=== What is needed ===
Only certain lines below are wanted: those starting at the line containing "Y m.stores other" and ending at the line containing "m).stores node_id ≡ doc", both included, each retyped exactly.

Collected data entries:
-- ===== src/Yjs/Manager/Stopping.antt =====
-- `YjsDocManager` of yjs/yjs-doc-manager.ts when the server stops, and when it starts again on the same stores.
use aideep_backend.Common.{
  ℕ, String, ◌≡◌, ◌⊎◌, inl, inr, ⊎_elim, refl, sym, ap, ◌∙◌, subst, false, none, some, List, [],
  ◌∷◌, ◌==◌, eq-cases, Option-cases,
}
use aideep_backend.Common.Assoc.{lookup, lookup-put_same, lookup-put_other}
use aideep_backend.Yjs.Documents.{Documents}
use aideep_backend.Yjs.Manager.{
  Manager, ManagedDoc, managed, stored_doc, flush, flush_doc, flush_all, get_or_create_doc,
}
use aideep_backend.Yjs.Manager.Reach.{get_or_create_doc-Loaded}
use aideep_backend.Yjs.Manager.Refines.{Answers, Answers-flush_doc, Answers-flush_all}
use aideep_backend.Yjs.Manager.Safety.{stored_doc-cong}
use aideep_backend.Yjs.Manager.Steps.{flush_doc-stored}
use aideep_backend.Yjs.Stores.{Stores}
use aideep_backend.Yjs.Stores.Saved.{saved-redis_elsewhere, saved-nodes_elsewhere}

module _ (Y : Documents) where
  -- a manager without documents, on the stores as they are
  unfoldable pub started : ℕ → Stores Y → Manager Y
  started now stores = record {
    docs = [];
    timers = [];
    next_handle = 0;
    now = now;
    stores = stores;
  }

  -- `onModuleDestroy`
  unfoldable pub on_module_destroy : Manager Y → Manager Y
  on_module_destroy m = record (flush_all Y m.docs m) { docs = [] }

  -- the manager has the document of the node
  abbrev Has : Manager Y → String → Y.Doc → Type 0
  Has m node_id doc = (d : ManagedDoc Y) × (managed Y m node_id ≡ some d) × (d.doc ≡ doc)

  flush-Has :
      (c : ManagedDoc Y) (node_id other : String) (doc : Y.Doc) (m : Manager Y)
      → managed Y m node_id ≡ some c
      → Has m other doc
      → Has (flush Y node_id c m) other doc
  flush-Has c node_id other doc m found_c (d, found, same) = elim (eq-cases node_id other) [
    | inl (_, e) ↦
        let one : c ≡ d = cc (found_c, found, e) in
        (
          record c { save_timer = none },
          subst (λ x. lookup x (flush Y node_id c m).docs ≡ some (record c { save_timer = none })) e
              (lookup-put_same node_id _ m.docs),
          ap (λ x. x.doc) one ∙ same,
        )
    | inr (differ, _) ↦ (d, lookup-put_other node_id other _ m.docs differ ∙ found, same)
  ]

  -- a flush changes no document
  flush_doc-Has :
      (node_id other : String) (doc : Y.Doc) (m : Manager Y)
      → Has m other doc
      → Has (flush_doc Y node_id m) other doc
  unfolding flush_doc
  flush_doc-Has node_id other doc m (d, found, same) = elim (Option-cases (managed Y m node_id)) [
    | inl missing ↦ rw missing (d, found, same)
    | inr (c, e) ↦ rw e (flush-Has c node_id other doc m e (d, found, same))
  ]

  -- what is stored of another node stays
  flush_doc-other :
      (node_id other : String) (m : Manager Y)
      → Answers Y m
      → (node_id == other) ≡ false
      → stored_doc Y (flush_doc Y node_id m).stores other ≡ stored_doc Y m.stores other
  unfolding flush_doc
  flush_doc-other node_id other m answers differ = elim (Option-cases (managed Y m node_id)) [
    | inl missing ↦ rw missing refl
    | inr (d, e) ↦ rw e (
        stored_doc-cong Y m.stores (flush Y node_id d m).stores other
          (saved-redis_elsewhere Y node_id _ _ _ m.stores answers other differ)
          (saved-nodes_elsewhere Y node_id _ _ _ m.stores answers other differ))
  ]

  -- the node's document is stored, or is still to be flushed
  abbrev IsAhead : List (String × ManagedDoc Y) → Manager Y → String → Y.Doc → Type 0
  IsAhead entries m node_id doc =
      ((d : ManagedDoc Y) × (lookup node_id entries ≡ some d))
      ⊎ (stored_doc Y m.stores node_id ≡ doc)

  IsAhead-flush_doc :
      (entries : List (String × ManagedDoc Y)) (first : ManagedDoc Y) (node_id other : String)
      (doc : Y.Doc) (m : Manager Y)
      → Answers Y m
      → Has m other doc
      → IsAhead ((node_id, first) ∷ entries) m other doc
      → IsAhead entries (flush_doc Y node_id m) other doc
  IsAhead-flush_doc entries first node_id other doc m answers (d, found, same) ahead =
      elim (eq-cases node_id other) [
        | inl (_, e) ↦ inr (
            subst (λ x. stored_doc Y (flush_doc Y x m).stores other ≡ doc) (sym e)
              (flush_doc-stored Y other d m found answers ∙ same))
        | inr (differ, _) ↦
            ⊎_elim (λ (e, listed). inl (e, rw (differ, lookup) at listed))
              (λ stored. inr (flush_doc-other node_id other m answers differ ∙ stored)) ahead
      ]

  flush_all-stored :
      (entries : List (String × ManagedDoc Y)) (node_id : String) (doc : Y.Doc) (m : Manager Y)
      → Answers Y m
      → Has m node_id doc
      → IsAhead entries m node_id doc
      → stored_doc Y (flush_all Y entries m).stores node_id ≡ doc
  unfolding flush_all
  flush_all-stored [] node_id doc m answers has ahead =
      ⊎_elim (λ (e, listed). absurd (cc listed)) (λ stored. stored) ahead
  flush_all-stored ((n, first) ∷ entries) node_id doc m answers has ahead =
      flush_all-stored entries node_id doc (flush_doc Y n m) (Answers-flush_doc Y n m answers)
        (flush_doc-Has n node_id doc m has)
        (IsAhead-flush_doc entries first n node_id doc m answers has ahead)

  -- While the stores answer, a server that stops keeps no document in memory, and every document that it had there is the same again when it is first opened behind the next start on these stores.
  pub on_module_destroy-roundtrip :
      (now : ℕ) (node_id workspace_id : String) (d : ManagedDoc Y) (m : Manager Y)
      → m.stores.outages ≡ []
      → managed Y m node_id ≡ some d
      → ((on_module_destroy m).docs ≡ [])
        × ((e : ManagedDoc Y) × (managed Y
                (get_or_create_doc Y node_id workspace_id
                  (started now (on_module_destroy m).stores))
                node_id
              ≡ some e)
            × (e.doc ≡ d.doc))
  unfolding on_module_destroy started
  on_module_destroy-roundtrip now node_id workspace_id d m answers found =
      let stored =
        flush_all-stored m.docs node_id d.doc m answers (d, found, refl) (inl (d, found)) in
      let again = started now (flush_all Y m.docs m).stores in
      let (e, there, same) = get_or_create_doc-Loaded Y node_id workspace_id again refl (record {
        answers = Answers-flush_all Y m.docs m answers;
        kept = λ other x held. absurd (cc held);
      }) in
      (refl, (e, there, same ∙ stored))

=== Task solution ===
      → stored_doc Y (flush_doc Y node_id m).stores other ≡ stored_doc Y m.stores other
  unfolding flush_doc
  flush_doc-other node_id other m answers differ = elim (Option-cases (managed Y m node_id)) [
    | inl missing ↦ rw missing refl
    | inr (d, e) ↦ rw e (
        stored_doc-cong Y m.stores (flush Y node_id d m).stores other
          (saved-redis_elsewhere Y node_id _ _ _ m.stores answers other differ)
          (saved-nodes_elsewhere Y node_id _ _ _ m.stores answers other differ))
  ]

  -- the node's document is stored, or is still to be flushed
  abbrev IsAhead : List (String × ManagedDoc Y) → Manager Y → String → Y.Doc → Type 0
  IsAhead entries m node_id doc =
      ((d : ManagedDoc Y) × (lookup node_id entries ≡ some d))
      ⊎ (stored_doc Y m.stores node_id ≡ doc)

  IsAhead-flush_doc :
      (entries : List (String × ManagedDoc Y)) (first : ManagedDoc Y) (node_id other : String)
      (doc : Y.Doc) (m : Manager Y)
      → Answers Y m
      → Has m other doc
      → IsAhead ((node_id, first) ∷ entries) m other doc
      → IsAhead entries (flush_doc Y node_id m) other doc
  IsAhead-flush_doc entries first node_id other doc m answers (d, found, same) ahead =
      elim (eq-cases node_id other) [
        | inl (_, e) ↦ inr (
            subst (λ x. stored_doc Y (flush_doc Y x m).stores other ≡ doc) (sym e)
              (flush_doc-stored Y other d m found answers ∙ same))
        | inr (differ, _) ↦
            ⊎_elim (λ (e, listed). inl (e, rw (differ, lookup) at listed))
              (λ stored. inr (flush_doc-other node_id other m answers differ ∙ stored)) ahead
      ]

  flush_all-stored :
      (entries : List (String × ManagedDoc Y)) (node_id : String) (doc : Y.Doc) (m : Manager Y)
      → Answers Y m
      → Has m node_id doc
      → IsAhead entries m node_id doc
      → stored_doc Y (flush_all Y entries m).stores node_id ≡ doc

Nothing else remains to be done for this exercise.